Fortunately, although money can buy power sometimes, it can't do so all the time. In spite of Schnee's $350,000 campaign, I, with a far more frugal campaign, have emerged as Brady's strongest challenger because people are tired of politics as usual. As a result, voters have a real choice in the attorney general election. They can vote for independence and a people-first philosophy on the one hand or for more of what we already have on the other--inequity. 

In the last 20 years, the gap between Delaware's rich and poor has grown by 39 percent. Meanwhile, the state spent millions of dollars to build more prison space into which we stuff inmates, many of whom are nonviolent drug addicts who need medical rehabilitation, not jail time. 

On top of this, the state's general health is deteriorating. We have the country's seventh highest infant mortality rate, 100,000 people without medical insurance, and the nation's fourth highest cancer rate. 

Regarding Delaware's cancer rate, people should consider this: if even only a fraction of our cancer deaths are caused by industrial contamination, that means the executives and managers of the responsible plants have participated in a collective serial killing of far greater magnitude than any crime perpetrated by any individual criminal the state has ever known. 

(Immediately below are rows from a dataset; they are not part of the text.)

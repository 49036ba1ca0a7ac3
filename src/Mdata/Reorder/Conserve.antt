-- ===== src/Mdata/Reorder/Conserve.antt =====
-- What the reorder buffer holds, in the order of `Get`, and what `Add` passes on.
use native.Mathlib.Nat.{mod-eq_of_lt, add-mod_right, mod-lt}
use metrictank.Common.{
  ℕ, suc, ◌+◌, ◌-◌, ◌/◌, ◌%◌, ◌≤◌, ◌<◌, ◌≡◌, ◌≢◌, ◌⊎◌, sym, ap, ap₂, ◌∙◌, inl, inr, List, [], ◌∷◌,
  ◌++◌, length, set, arith, append-nil, append_assoc, length-set,
}
use metrictank.Common.Ring.{mod-suc-mod, round_position}
use metrictank.Schema.{Point}
use metrictank.Mdata.Reorder.{
  ReorderBuffer, at, cap, purge, get, get_loop, advance, flush_count, index_of,
}
use metrictank.Mdata.Reorder.Window.{
  window, window-add, window-mod, window-ext, window-nil, window-set, length-purge, purge-window,
  purge_untouched, purge_cleared, get_loop-window,
}

-- `Get` lists the slots of one round, from the one after the newest.
pub get-window :
    (rob : ReorderBuffer)
    → rob.newest < cap rob
    → get rob ≡ window rob.buf (rob.newest + 1) (cap rob)
unfolding get
get-window rob h =
    let L = cap rob in
    let e : L ≡ suc (L - 1) = omega arith in
    let z : (rob.newest + 1 + (L - 1)) % L ≡ rob.newest = round in
    ap₂ (λ n i. get_loop n rob.buf i ((rob.newest + 1) % L) []) e (sym z)
    ∙ get_loop-window (L - 1) (rob.newest + 1) rob.buf [] (omega arith)
    ∙ ap (window rob.buf (rob.newest + 1)) (sym e)
  where
    round : (rob.newest + 1 + (cap rob - 1)) % cap rob ≡ rob.newest
    round =
        ap (λ k. k % cap rob) {x = rob.newest + 1 + (cap rob - 1)} {y = rob.newest + cap rob}
          (omega arith)
        ∙ add-mod_right rob.newest (cap rob)
        ∙ mod-eq_of_lt h

-- A ring whose newest slot has just been written.
window_after_set :
    (b : List Point) (index : ℕ) (p : Point)
    → index < length b
    → p.ts ≢ 0
    → window (set b index p) (index + 1) (length b) ≡ window b (index + 1) (length b - 1) ++ p ∷ []
window_after_set b index p h ne =
    let e : length b ≡ suc (length b - 1) = omega arith in
    ap (window (set b index p) (index + 1)) e
    ∙ ap (λ i. window (set b i p) (index + 1) (suc (length b - 1))) (sym z)
    ∙ window-set b (index + 1) (length b - 1) p (omega arith) ne
  where
    z : (index + 1 + (length b - 1)) % length b ≡ index
    z =
        ap (λ k. k % length b) {x = index + 1 + (length b - 1)} {y = index + length b} (omega arith)
        ∙ add-mod_right index (length b)
        ∙ mod-eq_of_lt h

module _ (buf : List Point) (k f : ℕ) (h : f ≤ length buf) where
  abbrev left : List Point
  left = (purge f (k % length buf) buf []).1

  -- What the purge leaves, seen from the slot behind it.
  left-window : window left (k + f) (length buf - f) ≡ window buf (k + f) (length buf - f)
  left-window =
      window-ext left buf (k + f) (length buf - f) (length-purge f (k % length buf) buf [])
        (λ j p q. purge_untouched f k j buf [] p (omega arith))

  left-nil : (i n : ℕ) → k ≤ i → i + n ≤ k + f → window left i n ≡ []
  left-nil i n p q = window-nil left i n λ j a b.
      ap (λ (m : ℕ). (at left (j % m)).ts) (length-purge f (k % length buf) buf [])
      ∙ purge_cleared f k j buf [] h (omega arith) (omega arith)

  -- The slots of one round but the last, if the round ends where the purge does.
  left_round : 0 < f → window left (k + f) (length buf - 1) ≡ window buf (k + f) (length buf - f)
  left_round pos =
      let l = length buf in
      let split : l - 1 ≡ l - f + (f - 1) = omega arith in
      ap (window left (k + f)) split
      ∙ window-add left (k + f) (l - f) (f - 1)
      ∙ ap₂ ◌++◌ left-window (
          window-mod left (k + f + (l - f)) k (f - 1) wrap
          ∙ left-nil k (f - 1) (omega arith) (omega arith))
      ∙ append-nil (window buf (k + f) (l - f))
    where
      wrap : (k + f + (length buf - f)) % length left ≡ k % length left
      wrap = rw (length-purge f (k % length buf) buf []) (
          ap (λ m. m % length buf) {x = k + f + (length buf - f)} {y = k + length buf} (omega arith)
          ∙ add-mod_right k (length buf))

-- The round behind the new point: the old round without the slots that were purged.
kept_round :
    (buf : List Point) (newest f index : ℕ) (h : f ≤ length buf)
    → 0 < f
    → (f ≡ length buf) ⊎ (index ≡ (newest + f) % length buf)
    → window (left buf (newest + 1) f h) (index + 1) (length buf - 1)
      ≡ window buf (newest + 1 + f) (length buf - f)
kept_round buf newest f index h pos (inl full) =
    window-nil _ (index + 1) (length buf - 1) (λ j a b. empty j)
    ∙ ap (window buf (newest + 1 + f)) {x = 0} {y = length buf - f} (omega arith)
  where
    empty :
        (j : ℕ) → (at (left buf (newest + 1) f h) (j % length (left buf (newest + 1) f h))).ts ≡ 0
    empty j =
        let (m, lo, hi, e) = round_position (length buf) (newest + 1) j (omega arith) in
        rw (length-purge f ((newest + 1) % length buf) buf [], ← e)
          (purge_cleared f (newest + 1) m buf [] h lo (omega arith))
kept_round buf newest f index h pos (inr e) =
    window-mod _ (index + 1) (newest + 1 + f) (length buf - 1) same
    ∙ left_round buf (newest + 1) f h pos
  where
    same :
        (index + 1) % length (left buf (newest + 1) f h)
        ≡ (newest + 1 + f) % length (left buf (newest + 1) f h)
    same =
        rw
          (
            length-purge f ((newest + 1) % length buf) buf [],
            e,
            mod-suc-mod (length buf) (newest + f),
          )
          (ap (λ m. m % length buf) {x = newest + f + 1} {y = newest + 1 + f} (omega arith))

-- A newer point pushes out the oldest slots: what is handed on and what stays are the points held
-- before, in order, and the new point behind them.
pub advance_conserve :
    (rob : ReorderBuffer) (ts val : ℕ)
    → rob.newest < cap rob
    → ts ≢ 0
    → 0 < flush_count rob ts
    → flush_count rob ts ≤ cap rob
    → (flush_count rob ts ≡ cap rob)
      ⊎ (index_of rob ts ≡ (rob.newest + flush_count rob ts) % cap rob)
    → let (res, rob') = advance rob ts val in
      res ++ get rob' ≡ get rob ++ record { val = val; ts = ts } ∷ []
unfolding advance
advance_conserve rob ts val h ne pos le place =
    ap₂ ◌++◌ (purge-window f k buf [] le) after
    ∙ sym (append_assoc (window buf k f) (window buf (k + f) (length buf - f)) (p ∷ []))
    ∙ ap (λ ps. ps ++ p ∷ [])
        (sym (window-add buf k f (length buf - f))
          ∙ ap (window buf k) {x = f + (length buf - f)} {y = length buf} (omega arith)
          ∙ sym (get-window rob h))
  where
    open rob use {buf, newest}

    k : ℕ
    k = newest + 1

    f : ℕ
    f = flush_count rob ts

    index : ℕ
    index = index_of rob ts

    p : Point
    p = record { val = val; ts = ts }

    b : List Point
    b = left buf k f le

    len : length b ≡ length buf
    len = length-purge f (k % length buf) buf []

    inside : index < length b
    inside = rw len (mod-lt (ts / rob.interval) (omega arith))

    after : get (advance rob ts val).1 ≡ window buf (k + f) (length buf - f) ++ p ∷ []
    after =
        get-window (advance rob ts val).1 (rw (length-set b index p) inside)
        ∙ ap (window (set b index p) (index + 1)) (length-set b index p)
        ∙ window_after_set b index p inside ne
        ∙ ap (λ ps. ps ++ p ∷ [])
            (ap (λ m. window b (index + 1) (m - 1)) len
              ∙ kept_round buf newest f index le pos place)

Why should such corporate criminals be left to wine and dine each other in the Hotel du Pont's Green Room when in the same city someone can be photographed and fingerprinted by the police for just standing on a street corner? 

Delaware needs an attorney general who isn't afraid to stick up for justice in the justice system. 

Vivian A. Houghton is the Green Party candidate for attorney general.

[web note: This News Journal page A-11 article included a picture of the candidate.]